Sunday, April 29, 2007

Mr Mum, Not -- Mr Me

So the mother of my children has abandoned us this week. She went off today for a week at a spa. The kids asked me "why?" Going with the truth, I said that she wanted to get away from us. "Hopefully, she'll be back." We will just have to wait and see.

Others react to this in a common manner. "So you are Mr Mum this week?" I don't think so. They are talking as if I don't and never did anything; looking at me surely being unable to cope. Indeed, I'll tell you that I have been there before -- and for a four year stretch too.

You see we had our first two kids while their mother was studying part-time for her MBA. That took four long years. And during those years, I did everything (yes, including baby feeds but, no, not carrying to unborn children). But I did the cooking, washing, and other sundry activities on top of working. So I'll cope with this week just fine.

Now, I didn't expect any awards for this. It is what you should do. Although, I should also tell you that the day of her last exam for that MBA, I was fired. Yes, 'fired.' My services for most of these things were no longer required.

It turns out that I hadn't been doing a good enough job. It was adequate and by any normal standard exemplary. But, as I have blogged before, that isn't the standard of aspiration in our household. It is a higher standard. For four long years, she silently steamed at my poor performance, knowing full well that she didn't have the time or energy to wrest any tasks from me. But it was all over when that MBA was done.

So this week represents a move back to the past. Take, for example, the dishwasher. For the past four years, the philosophy has been that it can't handle the task itself. Instead, dishes need to be clean before they go in the washer. I have pointed out the environmental inefficiency of all this. I have also engaged in the two obvious errors: I have put 'dirty' dishes away and put clean dishes on another load. It is, quite frankly, hard to tell.

Indeed, sometimes I rush to get a load on, get it done and then put away before anyone finds out. But even then it is hard. I have to do more washing because there is always that one time in a thousand that some bit of food doesn't come off but gets baked on. Then the finger is pointed squarely at you know who and I have to apologise for thinking I could ever manage this task on my own.

Anyhow, this week, I can constrain the dish use and go through all this and cover for my own mistakes. And so that is what has been happening.

But things are not as unconstrained as when I did this the first time. A few weeks back, a hypothesis emerged that our son's, sometimes, poor behaviour might be the result of preservatives in his diet. I haven't read the science behind this. There currently is no point; he is on a diet. And let me tell you, there are lots of stuff with preservatives in it. I have no idea really. So the usual thing that might have occurred, some McDonald's to smooth the waters, isn't happening. Why, you might ask? She has converted our son this cause.
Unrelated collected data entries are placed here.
-- ===== src/Evaluation/Checks.antt =====
-- `_run_checks` of run_eval.py: the checks that a case declares, on the content of an answer.
use stock_analyst.Shared.{
  ℕ, ◌+◌, ◌*◌, ◌-◌, Text, codes, List, [], ◌∷◌, ◌++◌, map, Bool, true, false, ◌&&◌, not, Option,
  none, some, leb, ◌==◌, if◌then◌else◌, length, take, drop, filter_by, any, is_empty, has_substring,
  starts_with, strip, lower, replace_char, word_count, is_digit, is_space,
}
use stock_analyst.Shared.Regex.{
  Regex, Match, seq, opt, group, start, end, line_start, line_end, not_among, star, plus, literal,
  literal_i, chain, match, search_in, occurs_in, full_matches, find_iter, group_text, is_some,
}
use stock_analyst.Message.{Coverage, at_least_pct}
use stock_analyst.Enforcer.Checks.{paragraphs_of, has_digit, is_cited, sentences_of, attempts_of}
use stock_analyst.Enforcer.Patterns.{citation_pattern}
use stock_analyst.Evaluation.{
  Case, CheckOutcome, CheckKind, citation_coverage, must_contain_any, must_contain_regex,
  max_word_count, min_word_count, citation_format, min_kpis_upserted, question_answered,
  states_not_found, flag, forbidden, required, section, cites, must_start_with,
}

abbrev newline : ℕ
newline = 10

-- `^###\s*Q(\d+):\s*(.+)$`, MULTILINE
unfoldable pub header_pattern : Regex
header_pattern = chain line_start (
    literal (codes "###")
    ∷ star is_space
    ∷ literal (codes "Q")
    ∷ group 1 (plus is_digit)
    ∷ literal (codes ":")
    ∷ star is_space
    ∷ group 2 (plus (not_among (newline ∷ [])))
    ∷ line_end
    ∷ [])

-- `^Q(\d+)$`
unfoldable pub token_pattern : Regex
token_pattern = chain start (literal (codes "Q") ∷ group 1 (plus is_digit) ∷ end ∷ [])

-- `^q(\d+)_must_contain_not_found$`
unfoldable pub per_question_pattern : Regex
per_question_pattern = chain start (
    literal (codes "q")
    ∷ group 1 (plus is_digit)
    ∷ literal (codes "_must_contain_not_found")
    ∷ end
    ∷ [])

-- `^must_not_state_(.+)$`
unfoldable pub not_fabricated_pattern : Regex
not_fabricated_pattern =
    chain start
      (literal (codes "must_not_state_") ∷ group 1 (plus (not_among (newline ∷ []))) ∷ end ∷ [])

-- `\d+(?:\.\d+)?\s*%`
unfoldable pub percent_pattern : Regex
percent_pattern =
    chain (plus is_digit)
      (opt (seq (literal (codes ".")) (plus is_digit)) ∷ star is_space ∷ literal (codes "%") ∷ [])

-- `(\d+)\s+KPI value\(s\) upserted`
unfoldable pub kpi_upserted_pattern : Regex
kpi_upserted_pattern =
    chain (group 1 (plus is_digit)) (plus is_space ∷ literal (codes "KPI value(s) upserted") ∷ [])

-- `int` of digits
unfoldable pub int_from : ℕ → Text → ℕ
int_from n [] = n
int_from n (c ∷ t) = int_from (n * 10 + (c - b'0')) t

-- `m.group(1)`
abbrev pub first_group : Match → Text
first_group m = elim (group_text 1 m.groups) [ none ↦ [] | some t ↦ t ]

abbrev pub block_end : Text → List (ℕ × Match) → ℕ
block_end content [] = length content
block_end content ((j, m) ∷ ms) = j

unfoldable pub blocks_from : Text → List (ℕ × Match) → List (ℕ × Text)
blocks_from content [] = []
blocks_from content ((i, m) ∷ ms) =
    let first = i + length m.text in
    (int_from 0 (first_group m), take (block_end content ms - first) (drop first content))
    ∷ blocks_from content ms

-- `_question_blocks`, in the order in which the dictionary is written to
unfoldable pub question_blocks : Text → List (ℕ × Text)
question_blocks content = blocks_from content (find_iter header_pattern content)

-- `blocks.get(q)`: the last write counts.
unfoldable pub block_of : ℕ → List (ℕ × Text) → Option Text
block_of q [] = none
block_of q ((k, body) ∷ blocks) = elim (block_of q blocks) [
  | some later ↦ some later
  | none ↦ if k == q then some body else none
]

-- `_NOT_FOUND_TEXT in blocks.get(q, "").lower()`
unfoldable pub states_missing : List (ℕ × Text) → ℕ → Bool
states_missing blocks q =
    let body : Text = elim (block_of q blocks) [ none ↦ [] | some t ↦ t ] in
    has_substring (codes "not found in uploaded documents") (lower body)

-- `_citation_coverage`
unfoldable pub coverage_of : Text → Coverage
coverage_of content =
    let claims = filter_by has_digit (paragraphs_of content) in
    record { cited = length (filter_by is_cited claims); claims = length claims }

-- `_metric_stated_as_number`
unfoldable pub metric_stated_as_number : Text → Text → Bool
metric_stated_as_number content phrase =
    any (λ s. occurs_in (literal_i (lower phrase)) s && occurs_in percent_pattern s)
      (sentences_of content)

abbrev pub outcome : CheckKind → Bool → CheckOutcome
outcome k b = record { kind = k; passed = b }

-- A check for a key that may be absent.
abbrev pub declared {ℓ} : {A : Type ℓ} → Option A → (A → List CheckOutcome) → List CheckOutcome
declared none f = []
declared (some a) f = f a

-- One token of `must_contain_not_found`; a token that is no question is passed over.
unfoldable pub token_check : List (ℕ × Text) → Text → List CheckOutcome
token_check blocks token = elim (match token_pattern token) [
  | none ↦ []
  | some m ↦
      outcome (states_not_found token) (states_missing blocks (int_from 0 (first_group m))) ∷ []
]

-- One item of the case, whose key may name a question or a metric.
unfoldable pub item_check : Text → List (ℕ × Text) → Text × Bool → List CheckOutcome
item_check content blocks (key, false) = []
item_check content blocks (key, true) = elim (match per_question_pattern key) [
  | some m ↦ outcome (flag key) (states_missing blocks (int_from 0 (first_group m))) ∷ []
  | none ↦ elim (match not_fabricated_pattern key) [
    | some m ↦
        outcome (flag key)
          (not (metric_stated_as_number content (replace_char b'_' b' ' (first_group m))))
        ∷ []
    | none ↦ []
  ]
]

unfoldable pub concat_map {ℓ} : {A : Type ℓ} → (A → List CheckOutcome) → List A → List CheckOutcome
concat_map f [] = []
concat_map f (x ∷ xs) = f x ++ concat_map f xs

-- `phrase.lower() in content.lower()`
abbrev pub contains : Text → Text → Bool
contains content phrase = has_substring (lower phrase) (lower content)

abbrev pub contains_any : Text → List Text → Bool
contains_any content phrases = any (contains content) phrases

-- The sections that the citations name.
unfoldable pub cited_sections : Text → List Text
cited_sections content =
    map (λ (i, m). elim (group_text 2 m.groups) [ none ↦ [] | some t ↦ lower (strip t) ])
      (find_iter citation_pattern content)

unfoldable pub cites_section : Text → Text → Bool
cites_section content name = any (has_substring (lower name)) (cited_sections content)

-- The count that the answer reports of upserted values.
unfoldable pub kpis_upserted : Text → ℕ
kpis_upserted content = elim (search_in kpi_upserted_pattern content) [
  | none ↦ 0
  | some (i, m) ↦ int_from 0 (first_group m)
]

unfoldable pub is_well_formed : Regex → Text → Bool
is_well_formed strict content =
    is_empty (filter_by (λ a. not (full_matches strict a)) (attempts_of content))

abbrev pub minimum : Case → ℕ
minimum c = elim c.min_citation_coverage [ none ↦ 95 | some p ↦ p ]

unfoldable pub prefix_checks : Case → Text → List CheckOutcome
prefix_checks c content =
    declared c.must_start_with (λ p. outcome must_start_with (starts_with (strip content) p) ∷ [])

unfoldable pub question_checks : Case → Text → List CheckOutcome
question_checks c content =
    let blocks = question_blocks content in
    map (λ q. outcome (question_answered q) (is_some (block_of q blocks))) c.must_answer_questions
    ++ (concat_map (token_check blocks) c.must_contain_not_found
        ++ concat_map (item_check content blocks) c.items)

unfoldable pub phrase_checks : Case → Text → List CheckOutcome
phrase_checks c content =
    map (λ p. outcome (forbidden p) (not (contains content p))) c.must_not_contain
    ++ (map (λ p. outcome (required p) (contains content p)) c.must_contain_all
        ++ (map (λ p. outcome (section p) (contains content p)) c.must_contain_sections
            ++ elim c.must_contain_any [
              | [] ↦ []
              | p ∷ ps ↦ outcome must_contain_any (contains_any content (p ∷ ps)) ∷ []
            ]))

unfoldable pub citation_checks : Case → Text → List CheckOutcome
citation_checks c content =
    declared c.must_contain_regex (λ p. outcome must_contain_regex (occurs_in p content) ∷ [])
    ++ (declared c.must_cite_sections (map (λ s. outcome (cites s) (cites_section content s)))
        ++ (outcome citation_coverage (at_least_pct (minimum c) (coverage_of content)) ∷ []))

unfoldable pub count_checks : Case → Text → List CheckOutcome
count_checks c content =
    declared c.max_word_count (λ n. outcome max_word_count (leb (word_count content) n) ∷ [])
    ++ (declared c.min_word_count (λ n. outcome min_word_count (leb n (word_count content)) ∷ [])
        ++ (declared c.all_citations_must_match_regex
              (λ p. outcome citation_format (is_well_formed p content) ∷ [])
            ++ declared c.min_kpis_upserted
                (λ n. outcome min_kpis_upserted (leb n (kpis_upserted content)) ∷ [])))

-- `_run_checks`
unfoldable pub run_checks : Case → Text → List CheckOutcome
run_checks c content =
    let rest =
      question_checks c content
      ++ (phrase_checks c content ++ (citation_checks c content ++ count_checks c content)) in
    prefix_checks c content ++ (if c.skip_citation_checks then [] else rest)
Our son knows that sometimes he doesn't listen and do what he is told. With everyone else around him doing that, it has also concerned him. The preservatives hypothesis has freed him from responsibility for his actions and he knows this. He happily tells me if he is not well behaved that perhaps there were some preservatives in his breakfast cereal or that someone at school gave him something he shouldn't have eaten.

Now, if he was more strategic, he might take this to another level and not keep me honest on his diet. Let me give him whatever and he would have some sort of free behavioural license. But no. He has a zealot to the cause and so we are constrained in our eating habits.

This fact is not lost on our eldest daughter who is strategic. Initially, she loved the diet because it satisfied her notion of fairness; "no one should get more than her." So she would still get the same food while her brother's meal changed to, let's face it, a less appetising variety. This was all to her liking and so she embraced the diet theory.

But that it all over. As the house was slowly cleared of food with preservatives, she realised that this was going to impact on her. In particular, she knew that when Mummy was away, there was a good chance of 'party time.' Now, with the writing on the wall, she is trying to move household opinion.

Here is what she has tried.
  • "It's unfair. Can't he just come to McDonald's and have a salad?" "Well, I don't know if those are sufficiently preservative free."
  • "Maybe we could go while he was somewhere else." "Well, that doesn't sound that fair."
  • "How do we know the preservatives were causing his bad behaviour? He is not that well behaved now." "Well, it may take a while to work."
  • "But still, to be sure, we should re-introduce preservatives to his diet and then see if his behaviour gets worse." "A randomised experiment, huh. Actually, that is pretty scientific."
That last one has the support of her brother who was also happy to test the theory more conclusively. It was pointed out to him that if we don't experiment then he will never have anything good to eat again. From this basis, an insurgency is brewing.

As I write this, I find their arguments compelling but the consequences of the several week's investing in a de-tox and reversing it with a single Happy Meal worry me. Sure, the theory might be wrong. But it could also be right. And the last thing I want is the responsibility for his poor behaviour to be shifted from everyone else to me. So for the moment, the regime is hold from afar; a stronghold Rome could have used.